Webinar Explores Hieroglyphics and Coptic Scripts as African Innovations
As part of Africa Month celebrations, the College of Humanities in collaboration with the National Institute for the Humanities and Social Sciences (NIHSS) hosted a webinar on Hieroglyphics and Coptic Scripts as African Innovations, presented by Vice-President and CEO of the Kass Media Group Dr Kiopkoeech Araap Sambu.
Deputy Vice-Chancellor and Head of the College of Humanities Professor Nhlanhla Mkhize said, ‘This lecture is timely for Africa Day and forms part of our inaugural College lecture series. It marks a significant milestone towards the African continent controlling its own past. We must position the continent as a significant role player for knowledge production. We must engage in ancient Egypt and ancient manuscripts to understand our past. This lecture is a launchpad for UKZN to introduce Egyptology.’
NIHSS Chief Executive Officer Professor Sarah Mosoetsa added, ‘This conversation is an important continental dialogue in which we can display pride in our languages because it offers a true account of our past so that we can take our histories forward.’
‘Egyptian religion is most intriguing and exciting and there are volumes upon volumes of literature on it,’ said Sambu, who discussed these varied sources and has come up with findings that call for a total re-look and re-evaluation of African religious systems.
Sambu encouraged UKZN students to learn, take courses, do research on and use the ancient scripts of Egypt known as Coptic and Hieroglyphics. ‘Knowledge of these ancient scripts will facilitate further deeper research into the African past; a past whose greater knowledge about Africa is unpalatable to much of the West but which will build Africans’ pride in their own past and, therefore - this is very important - in their own present,’ he said.
He demonstrated that the Egyptian scripts ‘are truly of African origin, a fact which has been hidden from the African all these years. Importantly, these African scripts gave birth to what we call Western alphabets.’
Sambu presented linguistic comparisons between Indo-European languages and Semitic languages, comparing them to the Egyptian language and the Kalenjiin African language. He described ‘ancient Egypt as the earliest known of Black people’s very own heritage.
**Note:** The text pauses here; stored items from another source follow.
-- ===== src/Tests/Ledger.antt =====
-- An unlock that is paid, against the coin ledger (backend/apps/wallet).
use shortform_streaming.Prelude.{◌≡◌, refl, arith, [], ◌∷◌}
use shortform_streaming.Entitlements.Policy.{
  evaluate_authorize_access, episode_is_free, entitlement_source, LockReason,
}
use shortform_streaming.Prelude.Int.{pos, neg_ℕ, ◌+ℤ◌}
use shortform_streaming.Model.{CoinUnlock, Store, ok}
use shortform_streaming.Wallet.Ledger.{find_unlock, find_cancellation, balance, wallet_of}
use shortform_streaming.Wallet.Unlocks.{
  profile_unlock, profile_cancellation, offer_holds, unlock_episode,
}
use shortform_streaming.Wallet.Affordable.{IsAffordable, unlock_episode-IsAffordable}
use shortform_streaming.Service.{start, next, unlocking}
use shortform_streaming.Service.Ledger.{LedgerRun}
use shortform_streaming.Service.Ledger.Refinement.{Reach-refines}
use shortform_streaming.Service.Ledger.{spending}
use shortform_streaming.Prelude.{[], ◌∷◌}
use shortform_streaming.Tests.World.{environment, profile, loaded, wallet, db}
use shortform_streaming.Tests.Spending.{
  request, receipt, after, unlocked, current, locked, eligible,
}
use shortform_streaming.Entitlements.Policy.{resolve_episode_policy, coin_spending_enabled}

Reach-refines_example :
    LedgerRun (λ v. balance v db.entries) (spending 1 5 ∷ []) (λ v. balance v after.entries)
Reach-refines_example =
    Reach-refines environment db after
      (next start (unlocking 7 7 profile request (receipt, pos 15) unlocked))

affordable : IsAffordable environment 7 7 profile profile loaded wallet request db
unfolding balance coin_spending_enabled resolve_episode_policy find_cancellation find_unlock
    offer_holds profile_cancellation profile_unlock wallet_of ◌+ℤ◌ entitlement_source
    episode_is_free evaluate_authorize_access
affordable = record {
  current = current;
  enabled = refl;
  not_cancelled = refl;
  new = refl;
  found = locked;
  eligible = eligible;
  owned = refl;
  reasons = LockReason.entitlement_required ∷ [];
  locked = rw eligible refl;
  priced = refl;
  offered = refl;
  positive = omega arith;
  bounded_price = omega arith;
  covered = omega arith;
  bounded = omega arith;
}

unlock_episode-IsAffordable_example :
    (u : CoinUnlock) × (db' : Store) × (unlock_episode environment 7 7 profile request db
      ≡ ok (u, neg_ℕ 5 +ℤ balance 1 db.entries) db')
unlock_episode-IsAffordable_example =
    unlock_episode-IsAffordable environment 7 7 profile profile loaded wallet request db affordable
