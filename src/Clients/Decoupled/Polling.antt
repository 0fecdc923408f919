-- ===== src/Clients/Decoupled/Polling.antt =====
-- The polls of clients/fints3_decoupled.py: of the pending challenge, or of a snapshot that was stored
-- elsewhere, and what releases a challenge.
use geldstrom.Prelude.{
  ℕ, Bool, true, false, Option, none, some, String, Outcome, ok, raised, if◌then◌else◌,
}
use geldstrom.Responses.{Processed}
use geldstrom.Dialog.{
  Dialog, DialogRaise, already_open, not_open, link, connection_failed, unreadable, init_failed,
  tan_pending, tan_refused, no_hitans, no_hktan_version, tan_expired, tan_rejected, Connection,
  poll_decoupled_once,
}
use geldstrom.Dialog.Resume.{DialogSnapshot, snapshot}
use geldstrom.Clients.{
  GatewayCredentials, FinTsSessionState, ClientRaise, dialog_raise, unreadable_data, BlobCodec,
  World, ConnectionContext, close_connection, at_link,
}
use geldstrom.Clients.Connect.{create_session_state, finish, resume_for_polling}
use geldstrom.Clients.Fetching.{Operations}
use geldstrom.Clients.Fints3.{
  Client, PendingTan, OperationMeta, CallRaise, nothing_pending, call_failed, Method,
}
use geldstrom.Clients.Fints3
use geldstrom.Clients.Decoupled.Completion.{Payload, complete_approved_operation}

-- `DecoupledSessionSnapshot`, the dialog's snapshot as a record.
pub record DecoupledSessionSnapshot : Type 0 where
  pub dialog_snapshot : DialogSnapshot
  pub task_reference : String
  pub fints_session_state : String
  pub server_url : String
  pub operation_type : String
  pub operation_meta : OperationMeta

-- `PollResult`, by its status. A pending result has the snapshot for the next poll where there is one,
-- an approved one the operation's type where it is set.
pub data PollResult : Type 0 where
  still_pending : Option String → PollResult
  approved : Option String → Payload → PollResult
  poll_failed : String → PollResult

-- What Python's JSON and texts do for the client: the bytes of a session state and of a snapshot and
-- back, with none where that raises, whether `DialogSnapshot.from_dict` takes the dictionary that a
-- snapshot holds, `str.lower`, and `str(e)`.
pub record Formats : Type 0 where
  pub blobs : BlobCodec
  pub serialize_state : FinTsSessionState → String
  pub deserialize_state : String → Option FinTsSessionState
  pub serialize_snapshot : DecoupledSessionSnapshot → String
  pub deserialize_snapshot : String → Option DecoupledSessionSnapshot
  pub is_dialog : DialogSnapshot → Bool
  pub invalid_snapshot : String
  pub lower : String → String
  pub message_of : DialogRaise → String

-- isinstance(e, (TimeoutError, ValueError))
abbrev pub is_caught : DialogRaise → Bool
is_caught already_open = false
is_caught not_open = false
is_caught (link connection_failed) = false
is_caught (link unreadable) = true
is_caught init_failed = false
is_caught (tan_pending challenge task_reference) = false
is_caught tan_refused = true
is_caught no_hitans = true
is_caught no_hktan_version = true
is_caught tan_expired = true
is_caught tan_rejected = true

module _ (c : Connection) (formats : Formats) (creds : GatewayCredentials) (reference : String)
    (operations : Operations c) where
  open c use {Link}

  abbrev pub with_dialog : Client → PendingTan → Dialog → Client
  with_dialog client p d = record client {
    pending = some (record p { context = record p.context { dialog = d } });
  }

  abbrev pub released : Client → Client
  released client = record client { pending = none }

  -- `cleanup_pending` of the context, and `_close_ctx`
  abbrev pub close_context : ℕ → Dialog → World Link → World Link
  close_context connection d w = close_connection connection (finish creds reference c d w)

  abbrev pub cleaned_up : Option PendingTan → Client → World Link → Client × World Link
  cleaned_up none client w = (client, w)
  cleaned_up (some p) client w =
      (released client, close_context p.context.connection p.context.dialog w)

  unfoldable pub cleanup_pending : Client → World Link → Client × World Link
  unfolding finish
  cleanup_pending client w = cleaned_up client.pending client w

  -- `FinTS3ClientDecoupled.disconnect`
  unfoldable pub disconnect : Client → World Link → Client × World Link
  unfolding cleanup_pending Fints3.disconnect
  disconnect client w =
      let (client', w') = cleanup_pending client w in (Fints3.disconnect client', w')

  -- Behind an approved operation of `poll_tan`: a raise leaves the challenge pending.
  abbrev pub poll_completed :
      PendingTan
      → World Link
      → Outcome ClientRaise Payload × Client × Dialog × Link
      → Outcome CallRaise PollResult × Client × World Link
  poll_completed p w (raised e, client, d, l) =
      (raised (call_failed e), with_dialog client p d, at_link l w)
  poll_completed p w (ok payload, client, d, l) = (
    ok (approved none payload),
    released client,
    close_context p.context.connection d (at_link l w),
  )

  abbrev pub polled_tan :
      Client
      → PendingTan
      → World Link
      → Outcome DialogRaise (Option Processed) × Dialog × Link
      → Outcome CallRaise PollResult × Client × World Link
  polled_tan client p w (raised e, d, l) =
      if is_caught e
      then (
        ok (poll_failed (formats.message_of e)),
        released client,
        close_context p.context.connection d (at_link l w),
      )
      else (raised (call_failed (dialog_raise e)), with_dialog client p d, at_link l w)
  polled_tan client p w (ok none, d, l) =
      (ok (still_pending none), with_dialog client p d, at_link l w)
  polled_tan client p w (ok (some response), d, l) = poll_completed p w (
      complete_approved_operation c formats.blobs creds operations p.context.system_id
        p.operation_type p.operation_meta response client d l)

  abbrev pub poll_pending : Option PendingTan → Method c PollResult
  poll_pending none client w = (raised nothing_pending, client, w)
  poll_pending (some p) client w =
      polled_tan client p w
        (poll_decoupled_once c formats.lower p.task_reference p.context.dialog w.link)

  unfoldable pub poll_tan : Method c PollResult
  unfolding complete_approved_operation finish
  poll_tan client w = poll_pending client.pending client w

  -- The snapshot of a pending operation, of the dialog as it is.
  abbrev pub snapshot_of :
      String → Dialog → String → String → String → OperationMeta → DecoupledSessionSnapshot
  snapshot_of system_id d task_reference server_url operation_type meta = record {
    dialog_snapshot = snapshot d;
    task_reference = task_reference;
    fints_session_state =
        formats.serialize_state (create_session_state formats.blobs creds system_id d.parameters);
    server_url = server_url;
    operation_type = operation_type;
    operation_meta = meta;
  }

  -- `snapshot_pending`, which closes the connection and leaves the dialog open at the bank.
  abbrev pub snapshot_taken : Option PendingTan → Method c String
  snapshot_taken none client w = (raised nothing_pending, client, w)
  snapshot_taken (some p) client w = (
    ok (
        formats.serialize_snapshot (
          snapshot_of p.context.system_id p.context.dialog p.task_reference creds.server_url
            p.operation_type p.operation_meta)),
    released client,
    close_connection p.context.connection w,
  )

  unfoldable pub snapshot_pending : Method c String
  unfolding create_session_state
  snapshot_pending client w = snapshot_taken client.pending client w

  -- `try: data = self._complete_approved_operation(response)`, with its `finally`
  abbrev pub resume_completed :
      DecoupledSessionSnapshot
      → ConnectionContext
      → World Link
      → Outcome ClientRaise Payload × Client × Dialog × Link
      → Outcome CallRaise PollResult × Client × World Link
  resume_completed s ctx w (raised e, client, d, l) =
      (raised (call_failed e), released client, close_context ctx.connection d (at_link l w))
  resume_completed s ctx w (ok payload, client, d, l) = (
    ok (approved (some s.operation_type) payload),
    released client,
    close_context ctx.connection d (at_link l w),
  )

  abbrev pub polled_resumed :
      Client
      → DecoupledSessionSnapshot
      → ConnectionContext
      → World Link
      → Outcome DialogRaise (Option Processed) × Dialog × Link
      → Outcome CallRaise PollResult × Client × World Link
  polled_resumed client s ctx w (raised e, d, l) =
      if is_caught e
      then (
        ok (poll_failed (formats.message_of e)),
        client,
        close_context ctx.connection d (at_link l w),
      )
      else (raised (call_failed (dialog_raise e)), client, at_link l w)
  polled_resumed client s ctx w (ok none, d, l) = (
    ok (
        still_pending (
          some (
            formats.serialize_snapshot (
              snapshot_of ctx.system_id d s.task_reference s.server_url s.operation_type
                s.operation_meta)))),
    client,
    close_connection ctx.connection (at_link l w),
  )
  polled_resumed client s ctx w (ok (some response), d, l) = resume_completed s ctx w (
      complete_approved_operation c formats.blobs creds operations ctx.system_id s.operation_type
        s.operation_meta response client d l)

  abbrev pub resumed :
      Client
      → DecoupledSessionSnapshot
      → Outcome ClientRaise ConnectionContext × World Link
      → Outcome CallRaise PollResult × Client × World Link
  resumed client s (raised e, w) = (raised (call_failed e), client, w)
  resumed client s (ok ctx, w) =
      polled_resumed client s ctx w
        (poll_decoupled_once c formats.lower s.task_reference ctx.dialog w.link)

  -- `DialogSnapshot.from_dict` raises outside of the `try`.
  abbrev pub resume_valid :
      Bool
      → Client
      → World Link
      → DecoupledSessionSnapshot
      → Outcome CallRaise PollResult × Client × World Link
  resume_valid false client w s = (raised (call_failed unreadable_data), client, w)
  resume_valid true client w s = resumed client s (
      resume_for_polling creds reference c formats.blobs s.dialog_snapshot
        (formats.deserialize_state s.fints_session_state) s.server_url w)

  abbrev pub resume_read :
      Client
      → World Link
      → Option DecoupledSessionSnapshot
      → Outcome CallRaise PollResult × Client × World Link
  resume_read client w none = (ok (poll_failed formats.invalid_snapshot), client, w)
  resume_read client w (some s) = resume_valid (formats.is_dialog s.dialog_snapshot) client w s

  unfoldable pub resume_and_poll : String → Method c PollResult
  unfolding resume_for_polling complete_approved_operation create_session_state finish
  resume_and_poll bytes client w = resume_read client w (formats.deserialize_snapshot bytes)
‘One only needs to take a look at the drawings and carvings of the ancient Egyptians by those same ancient Egyptians. It depicts their own general physical appearance of being the darkest-skinned of the sub-Saharan people. If that is not enough, the lingering impression will remain until one recalls some of the Kalenjiin-sounding names of some Pharaohs of ancient Egypt such as Tutankhamun, Amasis, Chephren, Cheops, Psamtek, Psamis and more.’
Sambu also documented the views of the specialists and authorities who have been ignored or forgotten. He presented linguistic, mythical, and material connections referring to facts about ancient and modern African architecture.
In closing, senior lecturer in the School of Arts (African Languages) Professor Gugu Mazibuko said, ‘This lecture is a call to action to re-invest in indigenous knowledge, heritage, history, religion and languages. It also aligns with UKZN’s mission and vision to be the Premier University of African Scholarship.’